** PROBLEM TO WORK ON **
Go through the data below and gather each line containing "TopicList".

** EXTRACTED RECORDS **
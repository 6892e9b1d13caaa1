-- ===== src/TopicList/Select.antt =====
-- Which tab is selected: the index is in range, and the two moves go round the tabs.
use trithemius_p2p.Base.{
  ℕ, zero, suc, ◌-◌, ◌+◌, ◌%◌, ◌<◌, ◌≡◌, refl, ◌∙◌, Text, text_eq, Option, none, some, true, List,
  [], ◌∷◌, ◌++◌, arith, ap, length, length-append, get_elem?, get_elem?_of_lt, get_elem?-append,
  is_empty, eqb, if◌then◌else◌,
}
use native.Mathlib.Nat.{mod-eq_of_lt, mod-add-mod, mod_self}
use native.Mathlib.Decide.{ℕ_discrete}
use trithemius_p2p.TopicList.{last_index, SubscriptionList, subscribe, current, next, prev}

-- No index for no tabs, and an index of one of the tabs otherwise.
abbrev pub InRange : Option ℕ → List Text → Type 0
InRange none list = is_empty list ≡ true
InRange (some index) list = index < length list

abbrev pub IsValid : SubscriptionList → Type 0
IsValid s = InRange s.current_index s.list

abbrev pub tabs : List Text → Option ℕ → SubscriptionList
tabs list current_index = record { list = list; current_index = current_index }

-- A new tab stands last and is selected.
pub subscribe-IsValid : (s : SubscriptionList) (topic : Text) → IsValid (subscribe s topic)
unfolding subscribe
subscribe-IsValid s topic = omega (arith, length-append s.list (topic ∷ []))

pub current-subscribe :
    (s : SubscriptionList) (topic : Text) → current (subscribe s topic) ≡ some topic
unfolding subscribe current
current-subscribe s topic =
    let e : length (s.list ++ topic ∷ []) - 1 ≡ length s.list =
      omega (arith, length-append s.list (topic ∷ [])) in
    rw e (get_elem?-append s.list [] topic)

last_index_of :
    (list : List Text) (index : ℕ) → index < length list → last_index list ≡ some (length list - 1)
last_index_of [] index v = absurd (omega arith)
last_index_of (x ∷ list) index v = refl

-- A move that ends, in valid tabs again, and changes no tab.
pub record Moves (list : List Text) (moved : Option SubscriptionList) : Type 0 where
  pub after : SubscriptionList
  pub done : moved ≡ some after
  pub same_list : after.list ≡ list
  pub valid : IsValid after

tabs-Moves :
    (list : List Text) (c : Option ℕ) {moved : Option SubscriptionList}
    → moved ≡ some (tabs list c)
    → InRange c list
    → Moves list moved
tabs-Moves list c e v = record { after = tabs list c; done = e; same_list = refl; valid = v }

abbrev next_of : List Text → ℕ → ℕ
next_of list index = if eqb index (length list - 1) then 0 else index + 1

next_lem :
    (list : List Text) (index : ℕ)
    → index < length list
    → next (tabs list (some index)) ≡ some (tabs list (some (next_of list index)))
unfolding next
next_lem list index v = rw (last_index_of list index v) (ground arith)

abbrev prev_of : List Text → ℕ → ℕ
prev_of list index = if eqb index 0 then length list - 1 else index - 1

prev_lem :
    (list : List Text) (index : ℕ)
    → index < length list
    → prev (tabs list (some index)) ≡ some (tabs list (some (prev_of list index)))
unfolding prev
prev_lem list index v = rw (last_index_of list index v) (ground arith)

next_in : (list : List Text) (c : Option ℕ) → InRange c list → Moves list (next (tabs list c))
unfolding next
next_in list none v = tabs-Moves list none refl v
next_in list (some index) v =
    tabs-Moves list (some (next_of list index)) (next_lem list index v) (ground arith)

prev_in : (list : List Text) (c : Option ℕ) → InRange c list → Moves list (prev (tabs list c))
unfolding prev
prev_in list none v = tabs-Moves list none refl v
prev_in list (some index) v =
    tabs-Moves list (some (prev_of list index)) (prev_lem list index v) (ground arith)

-- From valid tabs, neither move panics.
pub next-Moves : (s : SubscriptionList) → IsValid s → Moves s.list (next s)
next-Moves s v = next_in s.list s.current_index v

pub prev-Moves : (s : SubscriptionList) → IsValid s → Moves s.list (prev s)
prev-Moves s v = prev_in s.list s.current_index v

-- A move after a move.
abbrev pub then_move :
    Option SubscriptionList → (SubscriptionList → Option SubscriptionList) → Option SubscriptionList
then_move none move = none
then_move (some s) move = move s

-- From a tab that is selected, a move to the next tab and one to the previous tab undo one
-- another, in either order, without a panic.
pub prev-next :
    (list : List Text) (index : ℕ)
    → index < length list
    → (then_move (next (tabs list (some index))) prev ≡ some (tabs list (some index)))
      × (then_move (prev (tabs list (some index))) next ≡ some (tabs list (some index)))
prev-next list index v = (
  ap (λ o. then_move o prev) (next_lem list index v)
      ∙ prev_lem list (next_of list index) (ground arith)
      ∙ ap (λ j. some (tabs list (some j))) (ground arith),
  ap (λ o. then_move o next) (prev_lem list index v)
      ∙ next_lem list (prev_of list index) (ground arith)
      ∙ ap (λ j. some (tabs list (some j))) (ground arith),
)

-- `next` pressed `k` times.
abbrev pub next_times : ℕ → SubscriptionList → Option SubscriptionList
next_times zero s = some s
next_times (suc k) s = then_move (next_times k s) next

next_index :
    (list : List Text) (j : ℕ)
    → j < length list
    → next (tabs list (some j)) ≡ some (tabs list (some ((j + 1) % length list)))
next_index list j v =
    next_lem list j v
    ∙ ap (λ i. some (tabs list (some i)))
        (elim (ℕ_discrete j (length list - 1)) [
          | yes last ↦
              let e : (j + 1) % length list ≡ 0 =
                (let f : j + 1 ≡ length list = omega arith in rw f (mod_self (length list))) in
              rw e (ground arith)
          | no inner ↦
              let e : (j + 1) % length list ≡ j + 1 = mod-eq_of_lt (omega arith) in
              rw e (ground arith)
        ])

-- From tab i of n tabs, k moves to the next tab select tab (i + k) mod n, change no tab, and do
-- not panic.
pub next_times_lem :
    (list : List Text) (i k : ℕ)
    → i < length list
    → next_times k (tabs list (some i)) ≡ some (tabs list (some ((i + k) % length list)))
next_times_lem list i zero v =
    let e : (i + 0) % length list ≡ i =
      (let f : i + 0 ≡ i = omega arith in rw f (mod-eq_of_lt v)) in
    rw e
next_times_lem list i (suc k) v = rw (next_times_lem list i k v) (
    next_index list ((i + k) % length list) (grind arith)
    ∙ ap (λ j. some (tabs list (some j)))
        (mod-add-mod (i + k) (length list) 1 ∙ ap (λ m. m % length list) (omega arith)))

-- With valid tabs of which one is selected, `current` is its topic, which has a tab.
pub current-some :
    (s : SubscriptionList) (index : ℕ)
    → IsValid s
    → s.current_index ≡ some index
    → (topic : Text) × (current s ≡ some topic) × (get_elem? s.list index ≡ some topic)
unfolding current
current-some s index v e =
    let (topic, h) = get_elem?_of_lt s.list index (rw e at v) in (topic, rw e h, h)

** WRITTEN ANSWER **
-- ===== src/TopicList/Select.antt =====
use trithemius_p2p.TopicList.{last_index, SubscriptionList, subscribe, current, next, prev}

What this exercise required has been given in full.